During his tenure as Deputy Governor of the South Bohemian Region, he retained a one-fifth job at the České Budějovice Hospital, and was also a member of its Supervisory Board. In his property declaration, he listed remuneration for his membership of the board of directors of the České Budějovice heating plant, which belongs 80% to the city (together with dividends he came to 150 thousand crowns, ended here after the municipal elections). Fruit Frog cocktails. After his appointment as minister, he stated that he would transfer this small business to members of his family so that there would be no conflict of interest. After leaving the Ministry of Industry and Trade, together with Adam Kotalík, they ensured further production at Fiantex. He bought Texsr from Mr. Šrajer.

==Political career==
===Early career===
He joined the Civic Democratic Party. He was elected member of České Budějovice municipal assembly in 2006. He became leader of South Bohemian Civic Democratic Party in 2008 after resignation of previous leader Tom Zajíček. Kuba received 97 od 127 votes. During 2010 party convention Kuba ran for the position of Deputy Leader of the Party. Party leader Petr Nečas stated that his victory wouldn't be good for the party. Kuba wasn't elected

Kuba ran for České Budějovice municipal assembly in 2010 on 11th place on the list. ODS won only 8 seat and Kuba thus wasn't elected. Petr Nečas publicly called party representatives who failed in the election to resign but Kuba remained in the position. Kuba became member of the municipal assembly once again on 10 March 2011 after resignation of three ambassadors elected in the election. In November 2011 Kuba was reelected leader of South Bohemian organisation.

===Minister and Party leader===
Kuba became a member of Cabinet of Petr Nečas on 16 November 2011, replacing Michal Doktor as Minister of Industry and Trade. Kuba then ran for the position of the Deputy leader of the Civic Democratic Party on party convention in 2012 facing Miroslava Němcová. Kuba received 363 votes against Němcová's 142 and won the position. After fall of the cabinet Petr Nečas resigned to the position of party leader and Kuba became acting leader of the Civic Democratic Party but Miroslava Němcová became electoral leader of the Civic Democratic Party in 2013 Czech parliamentary election. He ran for the Chamber of Deputies in the election but wasn't elected as the party suffered heavy losses.
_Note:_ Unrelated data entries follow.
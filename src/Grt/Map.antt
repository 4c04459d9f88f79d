-- ===== src/Grt/Map.antt =====
-- Implementation/grt/grt_map.c: a hash table of 100 buckets from words to words.
pub mod Laws
use cluster_stm.Common.{
  ℕ, ◌%◌, Bool, true, false, Option, none, some, List, [], ◌∷◌, ◌==◌, if◌then◌else◌,
}
use cluster_stm.Common.Family.{update}
use cluster_stm.Grt.List.{GrtList, grt_list_create, grt_list_append, grt_list_start}

-- `grt_pair_t`
pub record Pair : Type 0 where
  pub key : ℕ
  pub value : ℕ

-- `grt_map_t`: a null pointer is `none`.
pub record GrtMap : Type 0 where
  pub table : ℕ → Option (GrtList Pair)

abbrev pub table_size : ℕ
table_size = 100

unfoldable pub compute_hash : ℕ → ℕ
compute_hash word = word % table_size

unfoldable pub grt_map_create : GrtMap
grt_map_create = record { table = λ i. none }

-- The loop of `find_pair` over the nodes before the cursor.
unfoldable pub find_in : ℕ → List Pair → Option Pair
find_in key [] = none
find_in key (pair ∷ pairs) = if pair.key == key then some pair else find_in key pairs

unfoldable pub find_pair : ℕ → GrtList Pair → Option Pair
unfolding find_in grt_list_start
find_pair key list = find_in key (grt_list_start list).next

-- `pair->value = value` through the pointer that `find_pair` returned.
unfoldable pub set_value : ℕ → ℕ → List Pair → List Pair
set_value key value [] = []
set_value key value (pair ∷ pairs) =
    if pair.key == key
    then record pair { value = value } ∷ pairs
    else pair ∷ set_value key value pairs

-- The bucket of a key, made if it is not there.
unfoldable pub bucket_of : GrtMap → ℕ → GrtList Pair
unfolding compute_hash grt_list_create
bucket_of m key = elim (m.table (compute_hash key)) [ none ↦ grt_list_create | some list ↦ list ]

-- The map afterwards, and whether the key was there before.
unfoldable pub grt_map_insert : GrtMap → (key value : ℕ) → GrtMap × ℕ
unfolding compute_hash find_pair set_value bucket_of grt_list_append
grt_map_insert m key value =
    let list = bucket_of m key in
    let put = λ (list' : GrtList Pair). record m {
      table = update m.table (compute_hash key) (some list');
    } in
    elim (find_pair key list) [
      | some pair ↦ (put (record list { nodes = set_value key value list.nodes }), 1)
      | none ↦ (put (grt_list_append list (record { key = key; value = value })), 0)
    ]

-- Whether the key is there, and what `*value` holds afterwards if it held `old`.
unfoldable pub grt_map_find : GrtMap → (key old : ℕ) → Bool × ℕ
unfolding compute_hash find_pair
grt_map_find m key old = elim (m.table (compute_hash key)) [
  | none ↦ (false, old)
  | some list ↦ elim (find_pair key list) [ none ↦ (false, old) | some pair ↦ (true, pair.value) ]
]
Kuba decided to not defend position of Party leader and instead supported candidacy of Petr Fiala for 2014 Civic Democratic Party leadership election. Fiala won the leadership election replacing Kuba as party leader.
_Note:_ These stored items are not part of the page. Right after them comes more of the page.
-- ===== src/Grt/Map/Laws.antt =====
-- `grt_map_t` is a finite map.
use cluster_stm.Common.{
  ℕ, ◌≡◌, ◌∙◌, refl, sym, ap, inl, inr, Bool, true, false, Option, none, some, List, [], ◌∷◌, ◌++◌,
  ◌==◌, if◌then◌else◌, arith, Bool-cases, Option-cases, ==_refl, ==_ne, ==→eq,
}
use cluster_stm.Common.Family.{update}
use cluster_stm.Grt.List.{GrtList, grt_list_create, grt_list_append, grt_list_start}
use cluster_stm.Grt.Map.{
  Pair, GrtMap, compute_hash, grt_map_create, find_in, find_pair, set_value, bucket_of,
  grt_map_insert, grt_map_find,
}

-- What the map holds for a key.
abbrev value_of : Option Pair → Option ℕ
value_of none = none
value_of (some pair) = some pair.value

pub value_in : GrtMap → ℕ → Option ℕ
value_in m key = value_of (find_in key (bucket_of m key).nodes)

find-append :
    (j : ℕ) (pair : Pair) (xs : List Pair)
    → find_in pair.key xs ≡ none
    → value_of (find_in j (xs ++ (pair ∷ [])))
      ≡ (if pair.key == j then some pair.value else value_of (find_in j xs))
unfolding find_in
find-append j pair [] new = ground arith
find-append j pair (x ∷ xs) new = ground (arith, find-append j pair xs)

find-set_value :
    (j key value : ℕ) (xs : List Pair) (old : Pair)
    → find_in key xs ≡ some old
    → value_of (find_in j (set_value key value xs))
      ≡ (if key == j then some value else value_of (find_in j xs))
unfolding find_in set_value
find-set_value j key value [] old here = cc
find-set_value j key value (x ∷ xs) old here = ground (arith, find-set_value j key value xs old)

value_in-create : (key : ℕ) → value_in grt_map_create key ≡ none
unfolding value_in grt_map_create bucket_of grt_list_create find_in
value_in-create key = refl

-- What a search answers that finds `o`.
abbrev answer : ℕ → Option ℕ → Bool × ℕ
answer old none = (false, old)
answer old (some v) = (true, v)

answer-find : (m : GrtMap) (key old : ℕ) → grt_map_find m key old ≡ answer old (value_in m key)
unfolding grt_map_find value_in bucket_of find_pair grt_list_start grt_list_create find_in
answer-find m key old = ground arith

-- The bucket of `j` after a new bucket was put in the place of that of `key`.
bucket_of-update :
    (m : GrtMap) (key j : ℕ) (list : GrtList Pair)
    → bucket_of (record m { table = update m.table (compute_hash key) (some list) }) j
      ≡ (if compute_hash key == compute_hash j then list else bucket_of m j)
unfolding bucket_of
bucket_of-update m key j list = ground arith

bucket_of-cong :
    (m : GrtMap) (i j : ℕ) → compute_hash i ≡ compute_hash j → bucket_of m i ≡ bucket_of m j
unfolding bucket_of
bucket_of-cong m i j h = rw (bucket_of, h)

-- A bucket whose search answers as it should gives a map that does.
value_in-update :
    (m : GrtMap) (key value j : ℕ) (list : GrtList Pair)
    → ((j : ℕ)
        → value_of (find_in j list.nodes)
          ≡ (if key == j then some value else value_of (find_in j (bucket_of m key).nodes)))
    → value_in (record m { table = update m.table (compute_hash key) (some list) }) j
      ≡ (if key == j then some value else value_in m j)
unfolding value_in
value_in-update m key value j list right = elim (Bool-cases (compute_hash key == compute_hash j)) [
  | inl e ↦
      rw (bucket_of-update m key j list, e)
        (rw (sym (bucket_of-cong m key j (==→eq _ _ e))) (right j))
  | inr e ↦
      rw (bucket_of-update m key j list, e)
        (rw (==_ne key j (λ s. cc (sym e, ==_refl (compute_hash j), ap compute_hash s))))
]

insert_new :
    (m : GrtMap) (key value : ℕ)
    → find_in key (bucket_of m key).nodes ≡ none
    → grt_map_insert m key value ≡ (
      record m {
        table =
            update m.table
              (compute_hash key)
              (some (grt_list_append (bucket_of m key) (record { key = key; value = value })));
      },
      0,
    )
unfolding grt_map_insert find_pair grt_list_start
insert_new m key value e = rw (grt_map_insert, e)

insert_old :
    (m : GrtMap) (key value : ℕ) {pair : Pair}
    → find_in key (bucket_of m key).nodes ≡ some pair
    → grt_map_insert m key value ≡ (
      record m {
        table = update m.table (compute_hash key) (
            some
              (record (bucket_of m key) { nodes = set_value key value (bucket_of m key).nodes }));
      },
      1,
    )
unfolding grt_map_insert find_pair grt_list_start
insert_old m key value e = rw (grt_map_insert, e)

value_in-insert :
    (m : GrtMap) (key value j : ℕ)
    → value_in (grt_map_insert m key value).0 j ≡ (if key == j then some value else value_in m j)
unfolding grt_list_append
value_in-insert m key value j = elim (Option-cases (find_in key (bucket_of m key).nodes)) [
  | inl e ↦ rw (insert_new m key value e) (
      value_in-update m key value j _
        (λ i. find-append i (record { key = key; value = value }) (bucket_of m key).nodes e))
  | inr (pair, e) ↦ rw (insert_old m key value e) (
      value_in-update m key value j _
        (λ i. find-set_value i key value (bucket_of m key).nodes pair e))
]

-- After an insertion, a search for the key finds the new value, and a search for any other key
-- answers as before.
pub find-insert :
    (m : GrtMap) (key value j old : ℕ)
    → grt_map_find (grt_map_insert m key value).0 j old
      ≡ (if key == j then (true, value) else grt_map_find m j old)
find-insert m key value j old =
    answer-find (grt_map_insert m key value).0 j old
    ∙ ap (answer old) (value_in-insert m key value j)
    ∙ ground (arith, answer-find m j old)

insert-answer :
    (m : GrtMap) (key value old : ℕ)
    → (grt_map_insert m key value).1 ≡ (if (answer old (value_in m key)).0 then 1 else 0)
unfolding value_in
insert-answer m key value old = elim (Option-cases (find_in key (bucket_of m key).nodes)) [
  | inl e ↦ ground (arith, insert_new m key value e)
  | inr (pair, e) ↦ ground (arith, insert_old m key value e)
]

-- A map that was just created holds no key, and `grt_map_insert` returns 1 exactly when a search
-- finds the key in the map before.
pub insert-was_there :
    (key old : ℕ)
    → (grt_map_find grt_map_create key old ≡ (false, old))
      × ((m : GrtMap) (value : ℕ)
          → (grt_map_insert m key value).1 ≡ (if (grt_map_find m key old).0 then 1 else 0))
insert-was_there key old = (
  answer-find grt_map_create key old ∙ ap (answer old) (value_in-create key),
  λ m value.
      insert-answer m key value old
      ∙ ap (λ (r : Bool × ℕ). if r.0 then 1 else 0) (sym (answer-find m key old)),
)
===Municipal and regional politics===
Kuba ran in 2014 municipal election for České Budějovice assembly but wasn't elected. He became a member of the South Bohemian regional assembly in the 2016 election. Kuba ran for the position of České Budějovice Mayor in 2018 municipal election in an attempt for political comeback. ODS received 8 seats in municipal assembly and remaine in opposition.
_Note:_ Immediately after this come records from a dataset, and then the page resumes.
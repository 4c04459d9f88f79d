-- ===== src/Grt/NewLock.antt =====
-- The second kind of locks of Implementation/grt/grt.c: `grt_new_lock_t`, two handler-safe locks of
-- GASNet and the number of readers. A call that would wait is `none`.
pub mod Holders
pub mod Calls
pub mod Requests
use cluster_stm.Common.{
  ◌≡◌, ℕ, ◌+◌, ◌-◌, ◌%◌, ◌^◌, Bool, true, false, Option, none, some, ◌==◌, if◌then◌else◌,
}
use cluster_stm.Stm.Types.{LockType, read, write, is_write, Status, succeed, fail}

-- GASNet's `gasnet_hsl_t`, which is not part of the repository.
pub record Hsl : Type 1 where
  pub State : Type 0
  -- `gasnet_hsl_init`
  pub init : State
  pub is_taken : State → Bool
  -- What `gasnet_hsl_lock` leaves when it returns, and `gasnet_hsl_trylock` when it succeeds.
  pub take : State → State
  -- `gasnet_hsl_unlock`
  pub unlock : State → State
  pub is_taken-init : is_taken init ≡ false
  pub is_taken-take : (s : State) → is_taken (take s) ≡ true
  pub is_taken-unlock : (s : State) → is_taken (unlock s) ≡ false

-- `grt_new_lock_t`
pub record NewLock (g : Hsl) : Type 0 where
  pub num_readers : ℕ
  pub type : LockType
  pub read_hsl : g.State
  pub write_hsl : g.State

-- `gasnet_hsl_lock` waits, and `gasnet_hsl_trylock` fails, while another thread has the lock.
abbrev pub hsl_lock : (g : Hsl) → g.State → Option g.State
hsl_lock g s = if g.is_taken s then none else some (g.take s)

module _ {g : Hsl} where
  -- One lock of `new_lock_alloc_local`; the memory was cleared, and `type` is the first constant.
  unfoldable pub new_lock_alloc_local : NewLock g
  new_lock_alloc_local = record {
    num_readers = 0;
    type = read;
    read_hsl = g.init;
    write_hsl = g.init;
  }

  -- `++lock->num_readers`, the type, and `read_hsl` is let go.
  abbrev pub admit_reader : NewLock g → NewLock g
  admit_reader lock = record lock {
    num_readers = (lock.num_readers + 1) % 2 ^ 64;
    type = read;
    read_hsl = g.unlock lock.read_hsl;
  }

  unfoldable pub new_trylock_local : NewLock g → LockType → NewLock g × Status
  new_trylock_local lock read = elim (hsl_lock g lock.read_hsl) [
    | none ↦ (lock, fail)
    | some r ↦
        let inside = record lock { read_hsl = r } in
        if lock.num_readers == 0
        then (elim (hsl_lock g lock.write_hsl) [
          | none ↦ (record inside { read_hsl = g.unlock r }, fail)
          | some w ↦ (admit_reader (record inside { write_hsl = w }), succeed)
        ])
        else (admit_reader inside, succeed)
  ]
  new_trylock_local lock write = elim (hsl_lock g lock.write_hsl) [
    | none ↦ (lock, fail)
    | some w ↦ (record lock { write_hsl = w; type = write }, succeed)
  ]

  unfoldable pub new_lock_local : NewLock g → LockType → Option (NewLock g)
  new_lock_local lock read = elim (hsl_lock g lock.read_hsl) [
    | none ↦ none
    | some r ↦
        let inside = record lock { read_hsl = r } in
        if lock.num_readers == 0
        then (elim (hsl_lock g lock.write_hsl) [
          | none ↦ none
          | some w ↦ some (admit_reader (record inside { write_hsl = w }))
        ])
        else some (admit_reader inside)
  ]
  new_lock_local lock write = elim (hsl_lock g lock.write_hsl) [
    | none ↦ none
    | some w ↦ some (record lock { write_hsl = w; type = write })
  ]

  unfoldable pub new_unlock_local : NewLock g → Option (NewLock g)
  new_unlock_local lock = elim lock.type [
    | read ↦ elim (hsl_lock g lock.read_hsl) [
      | none ↦ none
      | some r ↦
          let n = (lock.num_readers + (2 ^ 64 - 1)) % 2 ^ 64 in
          some (record lock {
            num_readers = n;
            write_hsl = if n == 0 then g.unlock lock.write_hsl else lock.write_hsl;
            read_hsl = g.unlock r;
          })
    ]
    | write ↦ some (record lock { write_hsl = g.unlock lock.write_hsl })
  ]

  -- `new_lock_handler`: the request is tried where the handler runs, and left to a thread, which
  -- may wait, if that fails.
  unfoldable pub new_lock_handler : NewLock g → LockType → Option (NewLock g)
  unfolding new_trylock_local new_lock_local
  new_lock_handler lock type =
      let (lock', status) = new_trylock_local lock type in
      elim status [ succeed ↦ some lock' | fail ↦ new_lock_local lock' type ]

  unfoldable pub grt_new_lock : (grt_id proc : ℕ) → NewLock g → LockType → Option (NewLock g)
  unfolding new_lock_handler new_lock_local
  grt_new_lock grt_id proc lock type =
      if grt_id == proc then new_lock_local lock type else new_lock_handler lock type

  -- `grt_new_unlock`: `new_unlock_handler` on the other processor makes the same call.
  unfoldable pub grt_new_unlock : (grt_id proc : ℕ) → NewLock g → Option (NewLock g)
  unfolding new_unlock_local
  grt_new_unlock grt_id proc lock =
      if proc == grt_id then new_unlock_local lock else new_unlock_local lock
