-- ===== src/Grt/NewLock/Holders.antt =====
-- Who holds a `grt_new_lock_t`, in any sequence of calls.
use cluster_stm.Common.{
  ℕ, ◌+◌, ◌-◌, ◌%◌, ◌^◌, ◌<◌, ◌≡◌, refl, ◌⊎◌, inl, inr, Bool, true, false, none, some, ◌==◌, ltb,
  if◌then◌else◌, arith, Bool-cases,
}
use cluster_stm.Stm.Types.{LockType, read, write, Status, succeed, fail}
use cluster_stm.Grt.NewLock.{
  Hsl, NewLock, admit_reader, new_trylock_local, new_lock_local, new_unlock_local,
}

-- A lock that `readers` and `writers` hold, while no thread is inside a call.
pub record IsHeldBy {g : Hsl} (lock : NewLock g) (readers writers : ℕ) : Type 0 where
  pub counted : lock.num_readers ≡ readers
  pub few : readers < 2 ^ 64
  pub alone : (writers ≡ 0) ⊎ ((writers ≡ 1) × (readers ≡ 0))
  pub read_type : 0 < readers → lock.type ≡ read
  pub write_type : 0 < writers → lock.type ≡ write
  pub taken : g.is_taken lock.write_hsl ≡ ltb 0 (readers + writers)
  pub outside : g.is_taken lock.read_hsl ≡ false

-- One holder more, or one fewer, of the type.
abbrev pub more : LockType → ℕ × ℕ → ℕ × ℕ
more read (r, w) = (r + 1, w)
more write (r, w) = (r, w + 1)

abbrev pub fewer : LockType → ℕ × ℕ → ℕ × ℕ
fewer read (r, w) = (r - 1, w)
fewer write (r, w) = (r, w - 1)

abbrev pub Holds : LockType → ℕ × ℕ → Type 0
Holds read (r, w) = 0 < r
Holds write (r, w) = 0 < w

-- No holder stands in the way of a request.
abbrev pub admits : LockType → ℕ × ℕ → Bool
admits read (r, w) = w == 0
admits write (r, w) = r + w == 0

-- The lock after a request of the type was granted.
abbrev pub granted : {g : Hsl} → LockType → NewLock g → NewLock g
granted {g} read lock = admit_reader (record lock {
  read_hsl = g.take lock.read_hsl;
  write_hsl = if lock.num_readers == 0 then g.take lock.write_hsl else lock.write_hsl;
})
granted {g} write lock = record lock { write_hsl = g.take lock.write_hsl; type = write }

-- The lock after a holder of the type released it.
abbrev pub let_go : {g : Hsl} → LockType → NewLock g → NewLock g
let_go {g} read lock =
    let n = (lock.num_readers + (2 ^ 64 - 1)) % 2 ^ 64 in
    record lock {
      num_readers = n;
      write_hsl = if n == 0 then g.unlock lock.write_hsl else lock.write_hsl;
      read_hsl = g.unlock (g.take lock.read_hsl);
    }
let_go {g} write lock = record lock { write_hsl = g.unlock lock.write_hsl }

-- The holders after a try.
abbrev pub after : LockType → Status → ℕ × ℕ → ℕ × ℕ
after t succeed h = more t h
after t fail h = h

module _ {g : Hsl} (lock : NewLock g) (r w : ℕ) (h : IsHeldBy lock r w) where
  pub new_lock_local-eq :
      (t : LockType)
      → new_lock_local lock t ≡ (if admits t (r, w) then some (granted t lock) else none)
  unfolding new_lock_local
  new_lock_local-eq read = ground (arith, h.outside, h.taken, h.counted, h.alone)
  new_lock_local-eq write = ground (arith, h.taken)

  pub new_trylock_local-eq :
      (t : LockType) → admits t (r, w) ≡ true → new_trylock_local lock t ≡ (granted t lock, succeed)
  unfolding new_trylock_local
  new_trylock_local-eq read a = ground (arith, h.outside, h.taken, h.counted, h.alone)
  new_trylock_local-eq write a = ground (arith, h.taken)

  pub new_trylock_local_refused :
      (t : LockType)
      → admits t (r, w) ≡ false
      → ((new_trylock_local lock t).1 ≡ fail) × IsHeldBy (new_trylock_local lock t).0 r w
  unfolding new_trylock_local
  new_trylock_local_refused read a =
      let idle : lock.num_readers ≡ 0 = ground (arith, h) in
      let busy : g.is_taken lock.write_hsl ≡ true = ground (arith, h) in
      let run : new_trylock_local lock read
          ≡ (record lock { read_hsl = g.unlock (g.take lock.read_hsl) }, fail) =
        ground (arith, h.outside, idle, busy) in
      rw run (
        refl,
        record {
          counted = h.counted;
          few = h.few;
          alone = h.alone;
          read_type = h.read_type;
          write_type = h.write_type;
          taken = h.taken;
          outside = g.is_taken-unlock _;
        },
      )
  new_trylock_local_refused write a =
      let busy : g.is_taken lock.write_hsl ≡ true = ground (arith, h) in
      let run : new_trylock_local lock write ≡ (lock, fail) = rw (new_trylock_local, busy) refl in
      rw run (refl, h)

  pub granted-IsHeldBy :
      (t : LockType)
      → r + 1 < 2 ^ 64
      → admits t (r, w) ≡ true
      → IsHeldBy (granted t lock) (more t (r, w)).0 (more t (r, w)).1
  granted-IsHeldBy read fits a =
      ground (arith, h, g.is_taken-unlock (g.take lock.read_hsl), g.is_taken-take lock.write_hsl)
  granted-IsHeldBy write fits a =
      ground (arith, h, g.is_taken-unlock (g.take lock.read_hsl), g.is_taken-take lock.write_hsl)

  pub new_unlock_local-eq :
      (t : LockType) → Holds t (r, w) → new_unlock_local lock ≡ some (let_go t lock)
  unfolding new_unlock_local
  new_unlock_local-eq read have = rw (h.read_type have) (ground (arith, h.outside))
  new_unlock_local-eq write have = rw (h.write_type have) refl

  pub let_go-IsHeldBy :
      (t : LockType)
      → Holds t (r, w)
      → IsHeldBy (let_go t lock) (fewer t (r, w)).0 (fewer t (r, w)).1
  let_go-IsHeldBy read have =
      ground (arith, h, g.is_taken-unlock (g.take lock.read_hsl), g.is_taken-unlock lock.write_hsl)
  let_go-IsHeldBy write have = ground (arith, h, g.is_taken-unlock lock.write_hsl)

  pub new_trylock_local-IsHeldBy :
      (t : LockType)
      → r + 1 < 2 ^ 64
      → IsHeldBy
          (new_trylock_local lock t).0
          (after t (new_trylock_local lock t).1 (r, w)).0
          (after t (new_trylock_local lock t).1 (r, w)).1
  new_trylock_local-IsHeldBy t fits = elim (Bool-cases (admits t (r, w))) [
    | inl free ↦ rw (new_trylock_local-eq t free) (granted-IsHeldBy t fits free)
    | inr busy ↦ let (lost, kept) = new_trylock_local_refused t busy in rw lost kept
  ]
Kuba then led ODS during 2020 regional election in South Bohemia. ODS had strong performance during the election receiving 17.5% and gaining 12 seats being tied with ANO 2011. Kuba then formed coalition with KDU-ČSL, TOP 09, Czech Social Democratic Party and South Bohemians. Kuba became the new Governor. On 2 December 2020 Kuba was elected Chairman of the Regional Association.

Kuba gained widespread media attention during COVID-19 pandemic in the Czech Republic when he introduced Conception of Vaccination centres.

In 2022 municipal elections he ran for the České Budějovice assembly from the 8th place of the ODS list. Due to preferential votes, however, he finished first, thus defending his mandate as a representative. Since 2022, he has also served as a member of the city council.

Kuba led ODS during 2024 regional election in South Bohemia running for reelection for Governor. During the election campaign, he appeared on billboards without the other party candidates or the party logo. He won landslide victory as ODS received 47,5% of votes and won 34 of 55 seats in regional assembly.

On 27 November 2025, Kuba announced his departure from ODS and a plan to form a new political party. On 3 February 2026, Kuba introduced his new party called Our Czechia.